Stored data
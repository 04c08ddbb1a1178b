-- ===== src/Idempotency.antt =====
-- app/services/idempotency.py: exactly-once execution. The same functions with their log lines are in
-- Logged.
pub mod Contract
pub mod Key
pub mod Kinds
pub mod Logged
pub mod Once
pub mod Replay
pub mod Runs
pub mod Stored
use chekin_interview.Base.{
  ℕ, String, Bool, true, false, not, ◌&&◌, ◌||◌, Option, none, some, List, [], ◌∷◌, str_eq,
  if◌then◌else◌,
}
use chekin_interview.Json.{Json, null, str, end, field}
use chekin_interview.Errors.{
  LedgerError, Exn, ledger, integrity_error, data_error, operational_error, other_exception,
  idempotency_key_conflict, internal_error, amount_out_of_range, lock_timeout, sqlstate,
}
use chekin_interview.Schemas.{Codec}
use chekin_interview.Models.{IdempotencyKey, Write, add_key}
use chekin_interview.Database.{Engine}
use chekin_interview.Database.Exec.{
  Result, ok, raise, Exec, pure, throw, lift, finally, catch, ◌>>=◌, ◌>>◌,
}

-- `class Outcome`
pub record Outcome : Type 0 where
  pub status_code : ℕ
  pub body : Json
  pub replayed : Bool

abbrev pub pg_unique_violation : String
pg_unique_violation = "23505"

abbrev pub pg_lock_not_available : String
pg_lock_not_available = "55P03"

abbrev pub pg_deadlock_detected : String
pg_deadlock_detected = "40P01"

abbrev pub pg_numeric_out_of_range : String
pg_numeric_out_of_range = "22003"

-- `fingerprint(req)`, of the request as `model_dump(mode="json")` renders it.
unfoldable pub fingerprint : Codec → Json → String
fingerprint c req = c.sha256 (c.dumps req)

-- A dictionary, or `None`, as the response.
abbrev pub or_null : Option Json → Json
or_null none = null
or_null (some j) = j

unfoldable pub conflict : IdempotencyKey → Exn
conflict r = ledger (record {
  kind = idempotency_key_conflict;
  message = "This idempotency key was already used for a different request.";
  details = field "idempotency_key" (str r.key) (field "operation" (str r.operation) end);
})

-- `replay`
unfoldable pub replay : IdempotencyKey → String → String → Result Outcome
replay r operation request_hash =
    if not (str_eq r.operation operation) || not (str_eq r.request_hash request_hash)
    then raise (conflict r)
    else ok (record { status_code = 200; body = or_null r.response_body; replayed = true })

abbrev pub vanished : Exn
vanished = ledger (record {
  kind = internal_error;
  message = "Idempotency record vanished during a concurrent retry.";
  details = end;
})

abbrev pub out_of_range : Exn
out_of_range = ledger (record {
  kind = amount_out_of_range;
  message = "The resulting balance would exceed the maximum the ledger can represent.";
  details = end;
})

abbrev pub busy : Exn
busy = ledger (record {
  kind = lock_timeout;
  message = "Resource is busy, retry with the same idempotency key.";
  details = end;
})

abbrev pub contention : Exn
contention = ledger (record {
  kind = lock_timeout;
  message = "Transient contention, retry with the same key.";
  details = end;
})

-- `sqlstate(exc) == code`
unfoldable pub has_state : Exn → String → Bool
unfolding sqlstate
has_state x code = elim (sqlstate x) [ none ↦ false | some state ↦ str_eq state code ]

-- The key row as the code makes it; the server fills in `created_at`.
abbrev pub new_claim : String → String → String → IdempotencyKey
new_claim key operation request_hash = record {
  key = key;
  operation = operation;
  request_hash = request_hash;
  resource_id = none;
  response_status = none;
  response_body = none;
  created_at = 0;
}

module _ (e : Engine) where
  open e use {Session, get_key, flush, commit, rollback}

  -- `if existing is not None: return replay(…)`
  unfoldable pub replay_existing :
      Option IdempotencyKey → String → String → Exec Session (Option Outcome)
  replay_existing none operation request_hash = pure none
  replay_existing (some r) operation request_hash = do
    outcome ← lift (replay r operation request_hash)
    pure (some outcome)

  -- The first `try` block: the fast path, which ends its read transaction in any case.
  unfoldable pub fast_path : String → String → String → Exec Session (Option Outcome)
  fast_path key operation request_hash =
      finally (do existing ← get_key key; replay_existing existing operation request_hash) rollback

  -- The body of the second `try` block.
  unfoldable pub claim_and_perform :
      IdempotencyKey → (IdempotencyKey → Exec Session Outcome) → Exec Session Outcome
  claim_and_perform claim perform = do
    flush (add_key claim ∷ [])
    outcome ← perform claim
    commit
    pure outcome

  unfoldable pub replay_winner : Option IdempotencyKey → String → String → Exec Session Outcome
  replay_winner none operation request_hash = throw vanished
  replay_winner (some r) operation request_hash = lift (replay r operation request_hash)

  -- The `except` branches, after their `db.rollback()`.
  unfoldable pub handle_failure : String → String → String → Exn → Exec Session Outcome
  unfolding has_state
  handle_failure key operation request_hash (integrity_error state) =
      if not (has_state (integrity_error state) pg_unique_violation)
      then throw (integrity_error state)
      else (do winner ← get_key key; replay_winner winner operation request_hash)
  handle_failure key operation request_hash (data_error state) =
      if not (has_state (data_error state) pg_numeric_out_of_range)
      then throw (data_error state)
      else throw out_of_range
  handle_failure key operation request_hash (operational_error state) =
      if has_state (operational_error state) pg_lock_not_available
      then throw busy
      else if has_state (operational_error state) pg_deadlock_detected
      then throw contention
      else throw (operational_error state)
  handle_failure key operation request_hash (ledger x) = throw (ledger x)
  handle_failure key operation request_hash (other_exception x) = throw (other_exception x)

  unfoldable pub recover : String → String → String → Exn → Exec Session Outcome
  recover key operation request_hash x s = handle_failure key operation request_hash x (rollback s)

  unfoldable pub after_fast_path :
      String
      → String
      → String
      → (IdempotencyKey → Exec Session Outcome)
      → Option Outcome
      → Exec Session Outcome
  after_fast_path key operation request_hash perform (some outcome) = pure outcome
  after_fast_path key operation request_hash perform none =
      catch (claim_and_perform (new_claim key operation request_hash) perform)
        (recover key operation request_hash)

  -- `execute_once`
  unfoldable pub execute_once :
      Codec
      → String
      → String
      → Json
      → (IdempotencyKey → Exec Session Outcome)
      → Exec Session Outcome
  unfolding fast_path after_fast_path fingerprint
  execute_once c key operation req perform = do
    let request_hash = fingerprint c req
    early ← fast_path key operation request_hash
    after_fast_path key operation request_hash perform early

- _WHAT THE EXERCISE ASKS_
Could you repeat exactly the lines above from the line with "new_claim key operation request_hash = record" up to and including the line with "unfolding has_state", and only those?

- _REPLY_
new_claim key operation request_hash = record {
  key = key;
  operation = operation;
  request_hash = request_hash;
  resource_id = none;
  response_status = none;
  response_body = none;
  created_at = 0;
}

module _ (e : Engine) where
  open e use {Session, get_key, flush, commit, rollback}

  -- `if existing is not None: return replay(…)`
  unfoldable pub replay_existing :
      Option IdempotencyKey → String → String → Exec Session (Option Outcome)
  replay_existing none operation request_hash = pure none
  replay_existing (some r) operation request_hash = do
    outcome ← lift (replay r operation request_hash)
    pure (some outcome)

  -- The first `try` block: the fast path, which ends its read transaction in any case.
  unfoldable pub fast_path : String → String → String → Exec Session (Option Outcome)
  fast_path key operation request_hash =
      finally (do existing ← get_key key; replay_existing existing operation request_hash) rollback

  -- The body of the second `try` block.
  unfoldable pub claim_and_perform :
      IdempotencyKey → (IdempotencyKey → Exec Session Outcome) → Exec Session Outcome
  claim_and_perform claim perform = do
    flush (add_key claim ∷ [])
    outcome ← perform claim
    commit
    pure outcome

  unfoldable pub replay_winner : Option IdempotencyKey → String → String → Exec Session Outcome
  replay_winner none operation request_hash = throw vanished
  replay_winner (some r) operation request_hash = lift (replay r operation request_hash)

  -- The `except` branches, after their `db.rollback()`.
  unfoldable pub handle_failure : String → String → String → Exn → Exec Session Outcome
  unfolding has_state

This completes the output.